» TASK ITEM:
Copy every record word for word.

» LISTED RECORDS:
= = = = =

-- ===== src/Preconv/Utf8.antt =====
-- The UTF-8 branch of `preconv_encode` against the definition of UTF-8.
use mandoc_mirror.Prelude.{
  ℕ, ◌+◌, ◌/◌, ◌%◌, ◌≤◌, ◌<◌, ◌≡◌, ◌⊎◌, true, false, [], ◌∷◌, ◌++◌, arith, ltb, if◌then◌else◌,
  Bytes,
}
use mandoc_mirror.Preconv.{
  FileEnc, encoded, unicode_escape, sequence_length, header_bits, bad_second, continuation, encode,
}

-- The encoding of a code point by RFC 3629.
abbrev pub utf8 : ℕ → Bytes
utf8 u =
    if ltb u 0x80
    then u ∷ []
    else if ltb u 0x800
    then (0xC0 + u / 64) ∷ (0x80 + u % 64) ∷ []
    else if ltb u 0x10000
    then (0xE0 + u / 4096) ∷ (0x80 + u / 64 % 64) ∷ (0x80 + u % 64) ∷ []
    else (0xF0 + u / 262144) ∷ (0x80 + u / 4096 % 64) ∷ (0x80 + u / 64 % 64) ∷ (0x80 + u % 64) ∷ []

-- A Unicode scalar value outside ASCII.
pub record IsScalar (u : ℕ) : Type 0 where
  pub not_ascii : 0x80 ≤ u
  pub in_range : u < 0x110000
  pub not_surrogate : (u < 0xD800) ⊎ (0xE000 ≤ u)

-- The number of leading one bits, at least 1 and at most 5.
pub sequence_length_lem :
    (c : ℕ)
    → 0x80 ≤ c
    → c < 0x100
    → sequence_length c ≡ (
        if ltb c 0xC0
        then 1
        else if ltb c 0xE0
        then 2
        else if ltb c 0xF0
        then 3
        else if ltb c 0xF8
        then 4
        else 5)
unfolding sequence_length
sequence_length_lem c h k = ground arith

two_bytes : (u : ℕ) → 0x80 ≤ u → u < 0x800 → sequence_length (0xC0 + u / 64) ≡ 2
two_bytes u h k = ground (arith, sequence_length_lem (0xC0 + u / 64))

three_bytes : (u : ℕ) → u < 0x10000 → sequence_length (0xE0 + u / 4096) ≡ 3
three_bytes u k = ground (arith, sequence_length_lem (0xE0 + u / 4096))

four_bytes : (u : ℕ) → u < 0x110000 → sequence_length (0xF0 + u / 262144) ≡ 4
four_bytes u k = ground (arith, sequence_length_lem (0xF0 + u / 262144))

abbrev pub tail_bytes : ℕ → Bytes
tail_bytes u =
    if ltb u 0x800
    then (0x80 + u % 64) ∷ []
    else if ltb u 0x10000
    then (0x80 + u / 64 % 64) ∷ (0x80 + u % 64) ∷ []
    else (0x80 + u / 4096 % 64) ∷ (0x80 + u / 64 % 64) ∷ (0x80 + u % 64) ∷ []

abbrev pub lead_byte : ℕ → ℕ
lead_byte u =
    if ltb u 0x800
    then 0xC0 + u / 64
    else if ltb u 0x10000
    then 0xE0 + u / 4096
    else 0xF0 + u / 262144

pub utf8-lead_byte : (u : ℕ) → 0x80 ≤ u → utf8 u ≡ lead_byte u ∷ tail_bytes u
utf8-lead_byte u h = ground arith

module _ (e : FileEnc) (u : ℕ) (rest : Bytes) (on : e.utf8 ≡ true) (s : IsScalar u) where
  encode-two :
      u < 0x800
      → encode e (0xC0 + u / 64) ((0x80 + u % 64) ∷ rest)
        ≡ encoded (unicode_escape u) rest (record e { latin1 = false })
  unfolding encode header_bits bad_second continuation
  encode-two k = rw (two_bytes u s.not_ascii k) (ground arith)

  encode-three :
      0x800 ≤ u
      → u < 0x10000
      → encode e (0xE0 + u / 4096) ((0x80 + u / 64 % 64) ∷ (0x80 + u % 64) ∷ rest)
        ≡ encoded (unicode_escape u) rest (record e { latin1 = false })
  unfolding encode header_bits bad_second continuation
  encode-three h k = rw (three_bytes u k) (ground arith)

  encode-four :
      0x10000 ≤ u
      → encode e
          (0xF0 + u / 262144)
          ((0x80 + u / 4096 % 64) ∷ (0x80 + u / 64 % 64) ∷ (0x80 + u % 64) ∷ rest)
        ≡ encoded (unicode_escape u) rest (record e { latin1 = false })
  unfolding encode header_bits bad_second continuation
  encode-four h = rw (four_bytes u s.in_range) (ground arith)

-- In UTF-8 mode the encoding of every scalar value outside ASCII is consumed whole, whatever
-- follows it, and becomes the escape of that value; ISO-8859-1 is ruled out from then on.
pub encode-utf8 :
    (e : FileEnc) (u : ℕ) (rest : Bytes)
    → e.utf8 ≡ true
    → IsScalar u
    → (utf8 u ≡ lead_byte u ∷ tail_bytes u)
      × (encode e (lead_byte u) (tail_bytes u ++ rest)
          ≡ encoded (unicode_escape u) rest (record e { latin1 = false }))
encode-utf8 e u rest on s = (
  utf8-lead_byte u s.not_ascii,
  ground (arith, encode-two e u rest on s, encode-three e u rest on s, encode-four e u rest on s),
)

= = = = =

» EXERCISE SOLUTION:
-- ===== src/Preconv/Utf8.antt =====
-- The UTF-8 branch of `preconv_encode` against the definition of UTF-8.
use mandoc_mirror.Prelude.{
  ℕ, ◌+◌, ◌/◌, ◌%◌, ◌≤◌, ◌<◌, ◌≡◌, ◌⊎◌, true, false, [], ◌∷◌, ◌++◌, arith, ltb, if◌then◌else◌,
  Bytes,
}
use mandoc_mirror.Preconv.{
  FileEnc, encoded, unicode_escape, sequence_length, header_bits, bad_second, continuation, encode,
}

-- The encoding of a code point by RFC 3629.
abbrev pub utf8 : ℕ → Bytes
utf8 u =
    if ltb u 0x80
    then u ∷ []
    else if ltb u 0x800
    then (0xC0 + u / 64) ∷ (0x80 + u % 64) ∷ []
    else if ltb u 0x10000
    then (0xE0 + u / 4096) ∷ (0x80 + u / 64 % 64) ∷ (0x80 + u % 64) ∷ []
    else (0xF0 + u / 262144) ∷ (0x80 + u / 4096 % 64) ∷ (0x80 + u / 64 % 64) ∷ (0x80 + u % 64) ∷ []

-- A Unicode scalar value outside ASCII.
pub record IsScalar (u : ℕ) : Type 0 where
  pub not_ascii : 0x80 ≤ u
  pub in_range : u < 0x110000
  pub not_surrogate : (u < 0xD800) ⊎ (0xE000 ≤ u)

-- The number of leading one bits, at least 1 and at most 5.
pub sequence_length_lem :
    (c : ℕ)
    → 0x80 ≤ c
    → c < 0x100
    → sequence_length c ≡ (
        if ltb c 0xC0
        then 1
        else if ltb c 0xE0
        then 2
        else if ltb c 0xF0
        then 3
        else if ltb c 0xF8
        then 4
        else 5)
unfolding sequence_length
sequence_length_lem c h k = ground arith

two_bytes : (u : ℕ) → 0x80 ≤ u → u < 0x800 → sequence_length (0xC0 + u / 64) ≡ 2
two_bytes u h k = ground (arith, sequence_length_lem (0xC0 + u / 64))

three_bytes : (u : ℕ) → u < 0x10000 → sequence_length (0xE0 + u / 4096) ≡ 3
three_bytes u k = ground (arith, sequence_length_lem (0xE0 + u / 4096))

four_bytes : (u : ℕ) → u < 0x110000 → sequence_length (0xF0 + u / 262144) ≡ 4
four_bytes u k = ground (arith, sequence_length_lem (0xF0 + u / 262144))

abbrev pub tail_bytes : ℕ → Bytes
tail_bytes u =
    if ltb u 0x800
    then (0x80 + u % 64) ∷ []
    else if ltb u 0x10000
    then (0x80 + u / 64 % 64) ∷ (0x80 + u % 64) ∷ []
    else (0x80 + u / 4096 % 64) ∷ (0x80 + u / 64 % 64) ∷ (0x80 + u % 64) ∷ []

abbrev pub lead_byte : ℕ → ℕ
lead_byte u =
    if ltb u 0x800
    then 0xC0 + u / 64
    else if ltb u 0x10000
    then 0xE0 + u / 4096
    else 0xF0 + u / 262144

pub utf8-lead_byte : (u : ℕ) → 0x80 ≤ u → utf8 u ≡ lead_byte u ∷ tail_bytes u
utf8-lead_byte u h = ground arith

module _ (e : FileEnc) (u : ℕ) (rest : Bytes) (on : e.utf8 ≡ true) (s : IsScalar u) where
  encode-two :
      u < 0x800
      → encode e (0xC0 + u / 64) ((0x80 + u % 64) ∷ rest)
        ≡ encoded (unicode_escape u) rest (record e { latin1 = false })
  unfolding encode header_bits bad_second continuation
  encode-two k = rw (two_bytes u s.not_ascii k) (ground arith)

  encode-three :
      0x800 ≤ u
      → u < 0x10000
      → encode e (0xE0 + u / 4096) ((0x80 + u / 64 % 64) ∷ (0x80 + u % 64) ∷ rest)
        ≡ encoded (unicode_escape u) rest (record e { latin1 = false })
  unfolding encode header_bits bad_second continuation
  encode-three h k = rw (three_bytes u k) (ground arith)

  encode-four :
      0x10000 ≤ u
      → encode e
          (0xF0 + u / 262144)
          ((0x80 + u / 4096 % 64) ∷ (0x80 + u / 64 % 64) ∷ (0x80 + u % 64) ∷ rest)
        ≡ encoded (unicode_escape u) rest (record e { latin1 = false })
  unfolding encode header_bits bad_second continuation
  encode-four h = rw (four_bytes u s.in_range) (ground arith)

-- In UTF-8 mode the encoding of every scalar value outside ASCII is consumed whole, whatever
-- follows it, and becomes the escape of that value; ISO-8859-1 is ruled out from then on.
pub encode-utf8 :
    (e : FileEnc) (u : ℕ) (rest : Bytes)
    → e.utf8 ≡ true
    → IsScalar u
    → (utf8 u ≡ lead_byte u ∷ tail_bytes u)
      × (encode e (lead_byte u) (tail_bytes u ++ rest)
          ≡ encoded (unicode_escape u) rest (record e { latin1 = false }))
encode-utf8 e u rest on s = (
  utf8-lead_byte u s.not_ascii,
  ground (arith, encode-two e u rest on s, encode-three e u rest on s, encode-four e u rest on s),
)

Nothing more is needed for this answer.